Stored records
○ ○ ○ ○
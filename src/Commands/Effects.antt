-- ===== src/Commands/Effects.antt =====
-- What a message can do to who the client is, to the messages that
-- wait, and to whether the program runs.
pub mod Messages
pub mod Login
use secoli_sced.Action.{Action, pure, fault, gets, modify, unless_null, bind, ◌>>=◌, ◌>>◌}
use secoli_sced.Base.{
  Bytes, codes, ◌≡◌, refl, ◌∙◌, ap, inl, inr, Bool, Bool-cases, true, false, not, ◌&&◌, List, [],
  ◌∷◌, Option, none, some, ℤ, pos, arith, str_eq, str_eq_iff, if◌then◌else◌, eqb_ℤ, Option-cases,
}
use secoli_sced.Search.{Glib}
use secoli_sced.User.{User}
use secoli_sced.World.Kept.{Kept, kept, refl-Kept, trans-Kept, Ends, IsKept}
use secoli_sced.Client.{Client}
use secoli_sced.World.{World, Host, SessionArg, Do, client_of, set_client}
use secoli_sced.Xsqlite.{Sqlite}

module _ (S : Sqlite) (G : Glib) (H : Host G) where
  pub data Effect (argv : List Bytes) (w w' : World G S) : Type 0 where
    keeps_all : Kept S G w w' → Effect argv w w'
    logs_in :
        (cmd name password : Bytes)
        → argv ≡ cmd ∷ codes "USER" ∷ name ∷ codes "WITH" ∷ codes "PASSWORD" ∷ password ∷ []
        → H.passwords name ≡ some password
        → w'.has_exited ≡ w.has_exited
        → w'.client.messages ≡ w.client.messages
        → Effect argv w w'
    logs_out :
        w'.client.user_of ≡ none
        → w'.has_exited ≡ w.has_exited
        → w'.client.messages ≡ w.client.messages
        → Effect argv w w'
    quits :
        w'.client.user_of ≡ w.client.user_of
        → w'.has_exited ≡ w.has_exited
        → w'.client.messages ≡ w.client.messages
        → Effect argv w w'
    exits :
        (u : User)
        → w.client.user_of ≡ some u
        → w'.client.user_of ≡ w.client.user_of
        → w'.client.messages ≡ w.client.messages
        → Effect argv w w'

  pub record HasEffect {A : Type 0} (argv : List Bytes) (m : Do S G A) : Type 0 where
    pub at : (w : World G S) → Ends S G (λ a w'. Effect argv w w') (m w)

  pub Effect-Kept :
      {argv : List Bytes} (w w' w2 : World G S)
      → Effect argv w w'
      → Kept S G w' w2
      → Effect argv w w2
  Effect-Kept w w' w2 (keeps_all k) l = keeps_all (trans-Kept S G w w' w2 k l)
  Effect-Kept w w' w2 (logs_in c n p e s x i) (kept u so m x' ls t) =
      logs_in c n p e s (x' ∙ x) (m ∙ i)
  Effect-Kept w w' w2 (logs_out u x i) (kept u' so m x' ls t) = logs_out (u' ∙ u) (x' ∙ x) (m ∙ i)
  Effect-Kept w w' w2 (quits u x i) (kept u' so m x' ls t) = quits (u' ∙ u) (x' ∙ x) (m ∙ i)
  Effect-Kept w w' w2 (exits v e u i) (kept u' so m x' ls t) = exits v e (u' ∙ u) (m ∙ i)

  pub Kept-Effect :
      {argv : List Bytes} (w w' w2 : World G S)
      → Kept S G w w'
      → Effect argv w' w2
      → Effect argv w w2
  Kept-Effect w w' w2 l (keeps_all k) = keeps_all (trans-Kept S G w w' w2 l k)
  Kept-Effect w w' w2 (kept u so m x ls t) (logs_in c n p e s x' i) =
      logs_in c n p e s (x' ∙ x) (i ∙ m)
  Kept-Effect w w' w2 (kept u so m x ls t) (logs_out u' x' i) = logs_out u' (x' ∙ x) (i ∙ m)
  Kept-Effect w w' w2 (kept u so m x ls t) (quits u' x' i) = quits (u' ∙ u) (x' ∙ x) (i ∙ m)
  Kept-Effect w w' w2 (kept u so m x ls t) (exits v e u' i) = exits v (rw u at e) (u' ∙ u) (i ∙ m)

  pub Ends-map :
      {A : Type 0} {P Q : A → World G S → Type 0} (r : Option (A × World G S))
      → ((a : A) (w : World G S) → P a w → Q a w)
      → Ends S G P r
      → Ends S G Q r
  Ends-map none f h = tt
  Ends-map (some (a, w)) f h = f a w h

  Ends-bind :
      {A B : Type 0} (P : A → World G S → Type 0) (Q : B → World G S → Type 0)
      (r : Option (A × World G S)) (f : A → Do S G B)
      → ((a : A) (w : World G S) → P a w → Ends S G Q (f a w))
      → Ends S G P r
      → Ends S G Q (bind r f)
  Ends-bind P Q none f g h = tt
  Ends-bind P Q (some (a, w)) f g h = g a w h

  pub of_kept : {A : Type 0} (argv : List Bytes) (m : Do S G A) → IsKept S G m → HasEffect argv m
  of_kept argv m k = record { at = λ w. Ends-map (m w) (λ a w' l. keeps_all l) (k.at w) }

  pub then_kept :
      {A B : Type 0} (argv : List Bytes) (m : Do S G A) (f : A → Do S G B)
      → HasEffect argv m
      → ((a : A) → IsKept S G (f a))
      → HasEffect argv (m >>= f)
  unfolding ◌>>=◌
  then_kept argv m f h k = record {
    at = λ w.
        Ends-bind (λ a w'. Effect argv w w') (λ b w2. Effect argv w w2) (m w) f
          (λ a w' e. Ends-map (f a w') (λ b w2 l. Effect-Kept w w' w2 e l) ((k a).at w')) (h.at w);
  }

  pub kept_then :
      {A B : Type 0} (argv : List Bytes) (m : Do S G A) (f : A → Do S G B)
      → IsKept S G m
      → ((a : A) → HasEffect argv (f a))
      → HasEffect argv (m >>= f)
  unfolding ◌>>=◌
  kept_then argv m f k h = record {
    at = λ w.
        Ends-bind (λ a w'. Kept S G w w') (λ b w2. Effect argv w w2) (m w) f
          (λ a w' l. Ends-map (f a w') (λ b w2 e. Kept-Effect w w' w2 l e) ((h a).at w')) (k.at w);
  }

  pub if-HasEffect :
      {A : Type 0} (argv : List Bytes) (b : Bool) (m k : Do S G A)
      → (b ≡ true → HasEffect argv m)
      → (b ≡ false → HasEffect argv k)
      → HasEffect argv (if b then m else k)
  if-HasEffect argv true m k p q = p refl
  if-HasEffect argv false m k p q = q refl

  pub unless_null-HasEffect :
      {A B : Type 0} (argv : List Bytes) (o : Option B) (m : Do S G A) (f : B → Do S G A)
      → HasEffect argv m
      → ((b : B) → o ≡ some b → HasEffect argv (f b))
      → HasEffect argv (unless_null o m f)
  unfolding unless_null
  unless_null-HasEffect argv none m f p q = p
  unless_null-HasEffect argv (some b) m f p q = q b refl

  -- A change of the client, and what follows it.
  pub change_then :
      {A : Type 0} (argv : List Bytes) (f : Client G → Client G) (m : Do S G A)
      → ((w : World G S) → Effect argv w (record w { client = f w.client }))
      → IsKept S G m
      → HasEffect argv (client_of S G >>= λ c. set_client S G (f c) >> m)
  unfolding ◌>>=◌
  change_then argv f m e k = record {
    at = λ w.
        let w' = record w { client = f w.client } in
        Ends-map (m w') (λ a w2 l. Effect-Kept w w' w2 (e w) l) (k.at w');
  }
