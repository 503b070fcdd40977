-- ===== src/Commands/Effects/Messages.antt =====
-- The effect of each message.
use secoli_sced.Action.{pure, modify, ◌>>=◌, ◌>>◌}
use secoli_sced.Base.{
  Bytes, codes, ◌≡◌, refl, inl, inr, Bool-cases, true, false, not, ◌&&◌, List, [], ◌∷◌, Option,
  none, some, ℤ, pos, arith, str_eq, str_eq_iff, if◌then◌else◌, eqb_ℤ, Option-cases,
}
use secoli_sced.Client.{Client, client_get_user}
use secoli_sced.Commands.Dispatch.{run_plain, within_handler, run_handler, execute, say_undefined}
use secoli_sced.Commands.Effects.{
  logs_in, logs_out, quits, exits, HasEffect, of_kept, then_kept, kept_then, if-HasEffect,
  unless_null-HasEffect, change_then,
}
use secoli_sced.Commands.Handlers.{
  ok, undefined, unavailable, authenticate_handler, deauthenticate_handler, quit_handler,
  shutdown_handler,
}
use secoli_sced.Commands.Keeping.Plain.{
  ok-IsKept, undefined-IsKept, unavailable-IsKept, session_named-IsKept, alter-IsKept,
  announce-IsKept, create-IsKept, destroy-IsKept, echo-IsKept, hello-IsKept, list-IsKept,
  negotiate-IsKept, set-IsKept, show-IsKept, who-IsKept,
}
use secoli_sced.Commands.Keeping.{dump-IsKept, fetch-IsKept, find-IsKept, get-IsKept}
use secoli_sced.Commands.Table.{is_embedded, commands_get_handler-keyword_of}
use secoli_sced.Commands.{
  Command, alter, announce, authenticate, create, deauthenticate, destroy, dump, echo, find, fetch,
  get, hello, list, negotiate, quit, set, show, shutdown, who, within, command_is_embeddable,
  commands_get_handler,
}
use secoli_sced.Options.{is_anonymous}
use secoli_sced.Search.{Glib}
use secoli_sced.User.{User, user_authenticate}
use secoli_sced.World.Kept.{IsKept, pure-IsKept, sock_printf-IsKept, if-IsKept, bind-IsKept}
use secoli_sced.World.{Host, SessionArg, null, set_client, client_of}
use secoli_sced.Xsqlite.{Sqlite}

stored_password :
    (stored : Bytes → Option Bytes) (m : Option User) (name password : Bytes) (u : User)
    → user_authenticate stored m (some name) (some password) ≡ some u
    → stored name ≡ some password
unfolding user_authenticate
stored_password stored m name password u = go (stored name) refl
  where
    go :
        (v : Option Bytes)
        → stored name ≡ v
        → user_authenticate stored m (some name) (some password) ≡ some u
        → stored name ≡ some password
    go none e h = ground arith
    go (some v) e h = ground (arith, str_eq_iff v password)

words :
    (a b c : Bytes)
    → not (str_eq a (codes "USER") && str_eq b (codes "WITH") && str_eq c (codes "PASSWORD"))
      ≡ false
    → (a ≡ codes "USER") × (b ≡ codes "WITH") × (c ≡ codes "PASSWORD")
words a b c e = ground (
  arith,
  str_eq_iff a (codes "USER"),
  str_eq_iff b (codes "WITH"),
  str_eq_iff c (codes "PASSWORD"),
)

has_user : {G : Glib} (c : Client G) → is_anonymous c ≡ false → (u : User) × (c.user_of ≡ some u)
unfolding client_get_user
has_user c e = elim (Option-cases c.user_of) [ inl n ↦ cc (rw n at e) | inr (u, n) ↦ (u, n) ]

module _ (S : Sqlite) (G : Glib) (H : Host G) where
  undefined-HasEffect : (argv : List Bytes) → HasEffect S G H argv (undefined S G H)
  undefined-HasEffect argv = of_kept S G H argv _ (undefined-IsKept S G H)

  unavailable-HasEffect : (argv : List Bytes) → HasEffect S G H argv (unavailable S G H)
  unavailable-HasEffect argv = of_kept S G H argv _ (unavailable-IsKept S G H)

  ruleset effects =
      (if-HasEffect, unless_null-HasEffect, undefined-HasEffect, unavailable-HasEffect)

  accept-HasEffect :
      (cmd a name b c password : Bytes)
      → not (str_eq a (codes "USER") && str_eq b (codes "WITH") && str_eq c (codes "PASSWORD"))
        ≡ false
      → (u : User)
      → user_authenticate H.passwords H.user_memory (some name) (some password) ≡ some u
      → HasEffect S G H
          (cmd ∷ a ∷ name ∷ b ∷ c ∷ password ∷ [])
          (client_of S G >>= λ c. set_client S G (record c { user_of = some u }) >> ok S G H)
  accept-HasEffect cmd a name b c password e u h =
      let (p, q, r) = words a b c e in
      change_then S G H _ (λ c. record c { user_of = some u }) (ok S G H)
        (λ w.
          logs_in cmd name password (cc (p, q, r))
            (stored_password H.passwords H.user_memory name password u h) refl refl)
        (ok-IsKept S G H)

  authenticate-HasEffect :
      (argv : List Bytes) (s : SessionArg G)
      → HasEffect S G H argv (authenticate_handler S G H argv s)
  unfolding authenticate_handler
  authenticate-HasEffect (cmd ∷ a ∷ name ∷ b ∷ c ∷ password ∷ []) s =
      search (effects, accept-HasEffect) depth 14
  authenticate-HasEffect _ s = search effects

  deauthenticate-HasEffect :
      (argv : List Bytes) (s : SessionArg G)
      → HasEffect S G H argv (deauthenticate_handler S G H argv s)
  unfolding deauthenticate_handler
  deauthenticate-HasEffect (cmd ∷ a ∷ []) s =
      let leave =
        change_then S G H (cmd ∷ a ∷ []) (λ c. record c { user_of = none }) (ok S G H)
          (λ w. logs_out refl refl refl) (ok-IsKept S G H) in
      search (effects, leave) depth 14
  deauthenticate-HasEffect _ s = search effects

  quit-HasEffect :
      (argv : List Bytes) (s : SessionArg G) → HasEffect S G H argv (quit_handler S G H argv s)
  unfolding quit_handler
  quit-HasEffect argv s =
      change_then S G H argv (λ c. record c { destroy = true }) (pure (pos 0))
        (λ w. quits refl refl refl) (pure-IsKept S G (pos 0))

  say_undefined-HasEffect : (argv : List Bytes) → HasEffect S G H argv (say_undefined S G H)
  say_undefined-HasEffect argv =
      of_kept S G H argv _
        (bind-IsKept S G _ _ (sock_printf-IsKept S G _) λ _. pure-IsKept S G (pos 0))

  exit-HasEffect :
      (argv : List Bytes)
      → HasEffect S G H argv (
          client_of S G >>= λ c.
          if is_anonymous c
          then unavailable S G H
          else (modify (λ w. record w { has_exited = true }) >> pure (pos 0)))
  unfolding ◌>>=◌
  exit-HasEffect argv = record {
    at = λ w. elim (Bool-cases (is_anonymous w.client)) [
      | inl e ↦ rw e ((unavailable-HasEffect argv).at w)
      | inr e ↦ rw e (let (u, k) = has_user w.client e in exits u k refl refl)
    ];
  }

  shutdown-HasEffect :
      (argv0 argv : List Bytes) (s : SessionArg G)
      → HasEffect S G H argv0 (shutdown_handler S G H argv s)
  unfolding shutdown_handler
  shutdown-HasEffect argv0 (cmd ∷ a ∷ []) s =
      search (effects, exit-HasEffect, say_undefined-HasEffect) depth 14
  shutdown-HasEffect argv0 _ s = say_undefined-HasEffect argv0

  -- What WITHIN runs.
  embedded-HasEffect :
      (argv0 : List Bytes) (f : Command) (argv : List Bytes) (s : SessionArg G)
      → is_embedded f ≡ true
      → HasEffect S G H argv0 (run_plain S G H f argv s)
  unfolding run_plain
  embedded-HasEffect argv0 dump argv s e = of_kept S G H _ _ (dump-IsKept S G H argv s)
  embedded-HasEffect argv0 echo argv s e = of_kept S G H _ _ (echo-IsKept S G H argv s)
  embedded-HasEffect argv0 find argv s e = of_kept S G H _ _ (find-IsKept S G H argv s)
  embedded-HasEffect argv0 fetch argv s e = of_kept S G H _ _ (fetch-IsKept S G H argv s)
  embedded-HasEffect argv0 get argv s e = of_kept S G H _ _ (get-IsKept S G H argv s)
  embedded-HasEffect argv0 hello argv s e = of_kept S G H _ _ (hello-IsKept S G H argv s)
  embedded-HasEffect argv0 set argv s e = of_kept S G H _ _ (set-IsKept S G H argv s)
  embedded-HasEffect argv0 show argv s e = of_kept S G H _ _ (show-IsKept S G H argv s)
  embedded-HasEffect argv0 shutdown argv s e = shutdown-HasEffect argv0 argv s
  embedded-HasEffect argv0 who argv s e = of_kept S G H _ _ (who-IsKept S G H argv s)
  embedded-HasEffect argv0 _ argv s e = cc e

  embeddable :
      (cmd : Bytes) (f : Command)
      → not (command_is_embeddable (some cmd)) ≡ false
      → commands_get_handler (some cmd) ≡ some f
      → is_embedded f ≡ true
  embeddable cmd f e h =
      let (_, same) = commands_get_handler-keyword_of cmd f in ground (arith, same h)

  run_embedded-HasEffect :
      (argv0 : List Bytes) (cmd : Bytes) (argv : List Bytes) (s : SessionArg G)
      → not (command_is_embeddable (some cmd)) ≡ false
      → (f : Command) → commands_get_handler (some cmd) ≡ some f
      → HasEffect S G H argv0 (run_plain S G H f argv s)
  run_embedded-HasEffect argv0 cmd argv s e f h =
      embedded-HasEffect argv0 f argv s (embeddable cmd f e h)

  within-HasEffect :
      (argv0 argv : List Bytes) (s : SessionArg G)
      → HasEffect S G H argv0 (within_handler S G H argv s)
  unfolding within_handler
  within-HasEffect argv0 (a ∷ b ∷ c ∷ cmd ∷ argv) s =
      search
        (effects, say_undefined-HasEffect, kept_then, session_named-IsKept, run_embedded-HasEffect)
        depth 20
  within-HasEffect argv0 _ s = say_undefined-HasEffect argv0

  run-HasEffect :
      (f : Command) (argv : List Bytes) (s : SessionArg G)
      → HasEffect S G H argv (run_handler S G H f argv s)
  unfolding run_handler run_plain
  run-HasEffect alter argv s = of_kept S G H _ _ (alter-IsKept S G H argv s)
  run-HasEffect announce argv s = of_kept S G H _ _ (announce-IsKept S G H argv s)
  run-HasEffect authenticate argv s = authenticate-HasEffect argv s
  run-HasEffect create argv s = of_kept S G H _ _ (create-IsKept S G H argv s)
  run-HasEffect deauthenticate argv s = deauthenticate-HasEffect argv s
  run-HasEffect destroy argv s = of_kept S G H _ _ (destroy-IsKept S G H argv s)
  run-HasEffect list argv s = of_kept S G H _ _ (list-IsKept S G H argv s)
  run-HasEffect negotiate argv s = of_kept S G H _ _ (negotiate-IsKept S G H argv s)
  run-HasEffect quit argv s = quit-HasEffect argv s
  run-HasEffect within argv s = within-HasEffect argv argv s
  run-HasEffect dump argv s = embedded-HasEffect argv dump argv s refl
  run-HasEffect echo argv s = embedded-HasEffect argv echo argv s refl
  run-HasEffect find argv s = embedded-HasEffect argv find argv s refl
  run-HasEffect fetch argv s = embedded-HasEffect argv fetch argv s refl
  run-HasEffect get argv s = embedded-HasEffect argv get argv s refl
  run-HasEffect hello argv s = embedded-HasEffect argv hello argv s refl
  run-HasEffect set argv s = embedded-HasEffect argv set argv s refl
  run-HasEffect show argv s = embedded-HasEffect argv show argv s refl
  run-HasEffect shutdown argv s = embedded-HasEffect argv shutdown argv s refl
  run-HasEffect who argv s = embedded-HasEffect argv who argv s refl

  report-IsKept :
      (error : ℤ)
      → IsKept S G (
          if eqb_ℤ error (pos 0) then pure (tt {0}) else (unavailable S G H >>= λ _. pure (tt {0})))
  report-IsKept error =
      if-IsKept S G _ _ _ (pure-IsKept S G tt)
        (bind-IsKept S G _ _ (unavailable-IsKept S G H) λ _. pure-IsKept S G tt)

  answered-HasEffect :
      (f : Command) (argv : List Bytes)
      → HasEffect S G H argv (
          run_handler S G H f argv null >>= λ error.
          if eqb_ℤ error (pos 0) then pure (tt {0}) else (unavailable S G H >>= λ _. pure (tt {0})))
  answered-HasEffect f argv = then_kept S G H argv _ _ (run-HasEffect f argv null) report-IsKept

  pub execute-HasEffect : (argv : List Bytes) → HasEffect S G H argv (execute S G H argv)
  unfolding execute
  execute-HasEffect argv =
      let unknown =
        then_kept S G H argv _ (λ _. pure (tt {0})) (undefined-HasEffect argv)
          λ _. pure-IsKept S G tt in
      search (effects, unknown, answered-HasEffect)
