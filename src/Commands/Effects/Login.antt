-- ===== src/Commands/Effects/Login.antt =====
-- Who may log in, and who may end the program.
use secoli_sced.Base.{Bytes, codes, ◌≡◌, true, false, List, [], ◌∷◌, none, some}
use secoli_sced.Commands.Dispatch.{execute}
use secoli_sced.Commands.Effects.Messages.{execute-HasEffect}
use secoli_sced.Commands.Effects.{Effect, keeps_all, logs_in, logs_out, quits, exits}
use secoli_sced.Search.{Glib}
use secoli_sced.User.{User}
use secoli_sced.World.Kept.{kept}
use secoli_sced.World.{World, Host}
use secoli_sced.Xsqlite.{Sqlite}

module _ (S : Sqlite) (G : Glib) (H : Host G) where
  effect_at :
      (argv : List Bytes) (w w' : World G S)
      → execute S G H argv w ≡ some (tt, w')
      → Effect S G H argv w w'
  effect_at argv w w' e = rw e at ((execute-HasEffect S G H argv).at w)

  -- A client without a user that has one when a message has been handled has sent a message of
  -- six arguments, of which the others than the first are USER, a name, WITH, PASSWORD and the
  -- password that is stored for the name.
  pub execute-stored_password :
      (argv : List Bytes) (w w' : World G S) (u : User)
      → w.client.user_of ≡ none
      → execute S G H argv w ≡ some (tt, w')
      → w'.client.user_of ≡ some u
      → (cmd : Bytes) × (name : Bytes) × (password : Bytes) × (argv
          ≡ cmd ∷ codes "USER" ∷ name ∷ codes "WITH" ∷ codes "PASSWORD" ∷ password ∷ [])
        × (H.passwords name ≡ some password)
  execute-stored_password argv w w' u anonymous e known = go (effect_at argv w w' e)
    where
      go :
          Effect S G H argv w w'
          → (cmd : Bytes) × (name : Bytes) × (password : Bytes) × (argv
              ≡ cmd ∷ codes "USER" ∷ name ∷ codes "WITH" ∷ codes "PASSWORD" ∷ password ∷ [])
            × (H.passwords name ≡ some password)
      go (keeps_all (kept same so m x ls t)) = cc (same, known, anonymous)
      go (logs_in cmd name password p q x i) = (cmd, name, password, p, q)
      go (logs_out p x i) = cc (p, known)
      go (quits same x i) = cc (same, known, anonymous)
      go (exits v p same i) = cc (p, anonymous)

  -- A message that is handled without a fault makes a program that runs call `exit` only when the
  -- client that has sent it has a user.
  pub execute-has_exited :
      (argv : List Bytes) (w w' : World G S)
      → w.has_exited ≡ false
      → execute S G H argv w ≡ some (tt, w')
      → w'.has_exited ≡ true
      → (u : User) × (w.client.user_of ≡ some u)
  execute-has_exited argv w w' runs e ended = go (effect_at argv w w' e)
    where
      go : Effect S G H argv w w' → (u : User) × (w.client.user_of ≡ some u)
      go (keeps_all (kept same so m x ls t)) = cc (x, runs, ended)
      go (logs_in cmd name password p q x i) = cc (x, runs, ended)
      go (logs_out p x i) = cc (x, runs, ended)
      go (quits same x i) = cc (x, runs, ended)
      go (exits v p same i) = (v, p)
○ ○ ○ ○
▶ TASK DESCRIPTION:
From the first line of the records above to the line that contains "pub mod Login", quote each line exactly.

▶ WRITTEN SOLUTION:
filename src/Commands/Effects.antt
-- ===== src/Commands/Effects.antt =====
-- What a message can do to who the client is, to the messages that
-- wait, and to whether the program runs.
pub mod Messages
pub mod Login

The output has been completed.